Work instruction
A word-for-word transcription of the records is required.

Information supplied
============

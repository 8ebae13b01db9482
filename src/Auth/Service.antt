-- ===== src/Auth/Service.antt =====
-- The requests to auth/service.py that write, as one type, and what a sequence of them leaves.
use zhiniu.Prelude.{ℕ, List, [], ◌∷◌}
use zhiniu.Auth.Store.{AuthDb, Request, after}
use zhiniu.Auth.Legal.{Acceptances, accept_legal_documents}
use zhiniu.Auth.Sessions.{login, authenticate, elevate_operator_session}
use zhiniu.Auth.Sessions.Ending.{revoke_all_sessions, logout, revoke_session}
use zhiniu.Auth.Emails.{verify_email, verify_email_code, resend_verification}
use zhiniu.Auth.Passwords.{request_password_reset, confirm_password_reset}
use zhiniu.Auth.Registration.{register}

pub data Operation : Type 0 where
  registers : List ℕ → List ℕ → List ℕ → Acceptances → Operation
  logs_in : List ℕ → List ℕ → Operation
  authenticates : List ℕ → Operation
  elevates : List ℕ → ℕ → Operation
  revokes_all : ℕ → Operation
  logs_out : List ℕ → Operation
  revokes : ℕ → ℕ → Operation
  verifies : List ℕ → Operation
  verifies_code : ℕ → List ℕ → Operation
  resends : ℕ → Operation
  requests_reset : List ℕ → Operation
  confirms_reset : List ℕ → List ℕ → Operation
  accepts_documents : ℕ → Acceptances → Operation

-- An operation with the request that carries it, on the tables; what it raises changes nothing.
unfoldable pub run : Request × Operation → AuthDb → AuthDb
run (rq, registers email password code acceptances) db =
    after db (register rq db email password code acceptances)
run (rq, logs_in email password) db = after db (login rq db email password)
run (rq, authenticates token) db = (authenticate rq db token).1
run (rq, elevates token minutes) db = after db (elevate_operator_session rq db token minutes)
run (rq, revokes_all user_id) db = (revoke_all_sessions rq db user_id).1
run (rq, logs_out token) db = logout rq db token
run (rq, revokes user_id session_id) db = (revoke_session rq db user_id session_id).1
run (rq, verifies token) db = after db (verify_email rq db token)
run (rq, verifies_code user_id code) db = after db (verify_email_code rq db user_id code)
run (rq, resends user_id) db = after db (resend_verification rq db user_id)
run (rq, requests_reset email) db = after db (request_password_reset rq db email)
run (rq, confirms_reset token password) db = after db (confirm_password_reset rq db token password)
run (rq, accepts_documents user_id acceptances) db =
    after db (accept_legal_documents rq db user_id acceptances)

abbrev pub run_all : List (Request × Operation) → AuthDb → AuthDb
run_all [] db = db
run_all (o ∷ os) db = run_all os (run o db)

============

Written solution
repository 8ebae13b01db9482
filename src/Auth/Service.antt
-- ===== src/Auth/Service.antt =====
-- The requests to auth/service.py that write, as one type, and what a sequence of them leaves.
use zhiniu.Prelude.{ℕ, List, [], ◌∷◌}
use zhiniu.Auth.Store.{AuthDb, Request, after}
use zhiniu.Auth.Legal.{Acceptances, accept_legal_documents}
use zhiniu.Auth.Sessions.{login, authenticate, elevate_operator_session}
use zhiniu.Auth.Sessions.Ending.{revoke_all_sessions, logout, revoke_session}
use zhiniu.Auth.Emails.{verify_email, verify_email_code, resend_verification}
use zhiniu.Auth.Passwords.{request_password_reset, confirm_password_reset}
use zhiniu.Auth.Registration.{register}

pub data Operation : Type 0 where
  registers : List ℕ → List ℕ → List ℕ → Acceptances → Operation
  logs_in : List ℕ → List ℕ → Operation
  authenticates : List ℕ → Operation
  elevates : List ℕ → ℕ → Operation
  revokes_all : ℕ → Operation
  logs_out : List ℕ → Operation
  revokes : ℕ → ℕ → Operation
  verifies : List ℕ → Operation
  verifies_code : ℕ → List ℕ → Operation
  resends : ℕ → Operation
  requests_reset : List ℕ → Operation
  confirms_reset : List ℕ → List ℕ → Operation
  accepts_documents : ℕ → Acceptances → Operation

-- An operation with the request that carries it, on the tables; what it raises changes nothing.
unfoldable pub run : Request × Operation → AuthDb → AuthDb
run (rq, registers email password code acceptances) db =
    after db (register rq db email password code acceptances)
run (rq, logs_in email password) db = after db (login rq db email password)
run (rq, authenticates token) db = (authenticate rq db token).1
run (rq, elevates token minutes) db = after db (elevate_operator_session rq db token minutes)
run (rq, revokes_all user_id) db = (revoke_all_sessions rq db user_id).1
run (rq, logs_out token) db = logout rq db token
run (rq, revokes user_id session_id) db = (revoke_session rq db user_id session_id).1
run (rq, verifies token) db = after db (verify_email rq db token)
run (rq, verifies_code user_id code) db = after db (verify_email_code rq db user_id code)
run (rq, resends user_id) db = after db (resend_verification rq db user_id)
run (rq, requests_reset email) db = after db (request_password_reset rq db email)
run (rq, confirms_reset token password) db = after db (confirm_password_reset rq db token password)
run (rq, accepts_documents user_id acceptances) db =
    after db (accept_legal_documents rq db user_id acceptances)

abbrev pub run_all : List (Request × Operation) → AuthDb → AuthDb
run_all [] db = db
run_all (o ∷ os) db = run_all os (run o db)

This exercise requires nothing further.